Aber das hat nicht funktioniert. Kann es sein, dass meine MySQL-Version (MySQL-Max 3.23...) das ORDER BY für UPDATE noch nicht unterstützt (die MySQL-Doku http://www.mysql.com/doc/de/UPDATE.html sagt nichts dergleichen). Ohne ORDER BY funktioniert's theoretisch, allerdings werden die Sätze dann in der Reihenfolge ihres Einfügens durchnummeriert.

Wäre über jegliche Anregung höchst erfreut - vielleicht habe ich mich auch völlig verrannt und es gibt eine ganz simple Lösung...

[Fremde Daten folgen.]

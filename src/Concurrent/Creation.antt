-- ===== src/Concurrent/Creation.antt =====
-- `PaymentService.create`, `SqlAlchemyPaymentRepository.add` and the commit of
-- `CreatePaymentUseCase`, for any number of requests at once. A statement sees what is committed and
-- not what other transactions have open (READ COMMITTED); an INSERT with a key of the open
-- transaction of another request waits, so it takes no step.
use mco_louna_task.Values.{Text, Uuid}
use mco_louna_task.Storage.Payments.{has_key, insert_payment, violates, visible}
use mco_louna_task.Storage.Outbox.{insert_rows}
use mco_louna_task.Exec.{Database, OutboxRow, PaymentRow}
use mco_louna_task.Errors.{Error, exists, integrity_error, raise_domain, simple_error}
use mco_louna_task.Base.{
  Bool, [], any, false, find, if◌then◌else◌, none, some, true, ℕ, ◌==◌, ◌||◌, ◌∷◌, ◌≡◌,
}

-- What a request inserts: its payment and its event.
pub record Insertion : Type 0 where
  pub payment : PaymentRow
  pub event : OutboxRow

-- Where a request stands: before `get_by_key`, before the SELECT of `add`, before its INSERT, before
-- the commit, after it, or raising.
pub data Pc : Type 0 where
  looking checking inserting committing done : Pc
  failed : Error → Pc

pub record Requests : Type 0 where
  pub db : Database
  pub pc : ℕ → Pc

abbrev pub set_pc : ℕ → Pc → (ℕ → Pc) → ℕ → Pc
set_pc i p pc j = if j == i then p else pc j

abbrev pub goes : ℕ → Pc → Requests → Requests
goes i p s = record s { pc = set_pc i p s.pc }

abbrev pub same_keys : Insertion → Insertion → Bool
same_keys x y =
    x.payment.idempotency_key == y.payment.idempotency_key || x.payment.id == y.payment.id

-- the rows of the transaction that `commit` makes visible
abbrev pub committed_rows : Insertion → Database → Database
committed_rows x d = insert_rows (x.event ∷ []) (insert_payment x.payment d)

abbrev pub known_key : Insertion → Database → Bool
known_key x d = any (has_key x.payment.idempotency_key) d.payments

-- the commit of request `i`
abbrev pub make_commit : Insertion → ℕ → Requests → Requests
make_commit x i s = record { db = committed_rows x s.db; pc = set_pc i done s.pc }

-- the transaction of the request is open
abbrev pub is_open : Pc → Bool
is_open done = false
is_open (failed _) = false
is_open _ = true

-- One statement of request `i`, which inserts `x i`. `locked` are the rows that other transactions
-- hold when it reads. A request may also raise for another reason, also in its commit, which then
-- has committed nothing.
pub data Step (x : ℕ → Insertion) (s t : Requests) : Type 0 where
  lookup_found :
      (i : ℕ) (locked : Uuid → Bool) (row : PaymentRow)
      → s.pc i ≡ looking
      → find (visible locked (has_key (x i).payment.idempotency_key)) s.db.payments ≡ some row
      → t ≡ goes i (failed (simple_error exists "Payment already exists")) s
      → Step x s t
  lookup_missed :
      (i : ℕ) (locked : Uuid → Bool)
      → s.pc i ≡ looking
      → find (visible locked (has_key (x i).payment.idempotency_key)) s.db.payments ≡ none
      → t ≡ goes i checking s
      → Step x s t
  check_found :
      (i : ℕ) (message : Text)
      → s.pc i ≡ checking
      → known_key (x i) s.db ≡ true
      → t ≡ goes i (failed (raise_domain exists message none)) s
      → Step x s t
  check_passed :
      (i : ℕ)
      → s.pc i ≡ checking
      → known_key (x i) s.db ≡ false
      → t ≡ goes i inserting s
      → Step x s t
  insert_refused :
      (i : ℕ)
      → s.pc i ≡ inserting
      → violates (x i).payment s.db ≡ true
      → t ≡ goes i (failed integrity_error) s
      → Step x s t
  insert_taken :
      (i : ℕ)
      → s.pc i ≡ inserting
      → violates (x i).payment s.db ≡ false
      → ((j : ℕ) → s.pc j ≡ committing → same_keys (x i) (x j) ≡ false)
      → t ≡ goes i committing s
      → Step x s t
  commit_made : (i : ℕ) → s.pc i ≡ committing → t ≡ make_commit (x i) i s → Step x s t
  raised : (i : ℕ) (e : Error) → is_open (s.pc i) ≡ true → t ≡ goes i (failed e) s → Step x s t

pub data Reach (x : ℕ → Insertion) (s : Requests) : Requests → Type 0 where
  start : Reach x s s
  later : {t u : Requests} → Reach x s t → Step x t u → Reach x s u

-- all requests at their start
abbrev pub arriving : Database → Requests
arriving d = record { db = d; pc = λ _. looking }
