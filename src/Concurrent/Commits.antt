-- ===== src/Concurrent/Commits.antt =====
-- What a commit of one request changes for the others.
use mco_louna_task.Storage.Payments.{has_id, has_key, violates}
use mco_louna_task.Concurrent.Creation.{Insertion, Requests, committed_rows, known_key, same_keys}
use mco_louna_task.Base.{
  [], any, any-append, ap, arith, false, find, find-append_none, some, true, ℕ, ◌++◌, ◌∙◌, ◌∷◌, ◌≡◌,
  ◌≢◌,
}

module _ (x : ℕ → Insertion) where
  pub room_after :
      (s : Requests) (i j : ℕ)
      → violates (x j).payment s.db ≡ false
      → same_keys (x j) (x i) ≡ false
      → violates (x j).payment (committed_rows (x i) s.db) ≡ false
  room_after s i j free differ =
      rw (any-append (has_id (x j).payment.id) s.db.payments ((x i).payment ∷ [])) (
        rw (any-append (has_key (x j).payment.idempotency_key) s.db.payments ((x i).payment ∷ []))
          (ground arith))

  pub found_after :
      (s : Requests) (i : ℕ)
      → violates (x i).payment s.db ≡ false
      → find (has_id (x i).payment.id) (s.db.payments ++ (x i).payment ∷ []) ≡ some (x i).payment
  found_after s i free =
      find-append_none (has_id (x i).payment.id) s.db.payments ((x i).payment ∷ []) (ground arith)
      ∙ ground arith

  pub known_after :
      (s : Requests) (i j : ℕ)
      → known_key (x j) s.db ≡ true
      → known_key (x j) (committed_rows (x i) s.db) ≡ true
  known_after s i j e =
      rw (any-append (has_key (x j).payment.idempotency_key) s.db.payments ((x i).payment ∷ []))
        (ground arith)

  pub known_self : (s : Requests) (i : ℕ) → known_key (x i) (committed_rows (x i) s.db) ≡ true
  known_self s i =
      rw (any-append (has_key (x i).payment.idempotency_key) s.db.payments ((x i).payment ∷ []))
        (ground arith)

  -- Who has room for its key is no request whose key is stored.
  pub room_known :
      (s : Requests) (i j : ℕ)
      → violates (x i).payment s.db ≡ false
      → known_key (x j) s.db ≡ true
      → (x i).payment.idempotency_key ≢ (x j).payment.idempotency_key
  room_known s i j free stored same = ground (arith, ap (λ k. any (has_key k) s.db.payments) same)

Viele Grüße aus dem Allgäu


----------



## XChris (25. März 2004)

Ich würd es so versuchen:

Neue Tabelle Anlegen mit einem Autoindex. Dann die bestehenden Werte aus der einen tabelle mittels einem INSERT - SELECT kopieren und dabei mit ORDER BY die richtige Reihnfolge beachten.
Danach wird ich die alte Tabelle Löschen und die neue Umbenennen. (DROP und ALTER)

Chris


----------



## aquasonic (25. März 2004)

Das ist aber noch viel langsamer als seine Lösung. Ich denke schon das es eine solches Statement gibt, dafür ist aber mein SQL wirklich zu schlecht...


----------



## ManicMarble (25. März 2004)

Hallo Chris,
danke für die Antwort. Leider ist das nicht genau das was ich will. Habe mich wahrscheinlich nicht ganz klar ausgedrückt - ist aber auch schwer zu beschreiben, das Problem.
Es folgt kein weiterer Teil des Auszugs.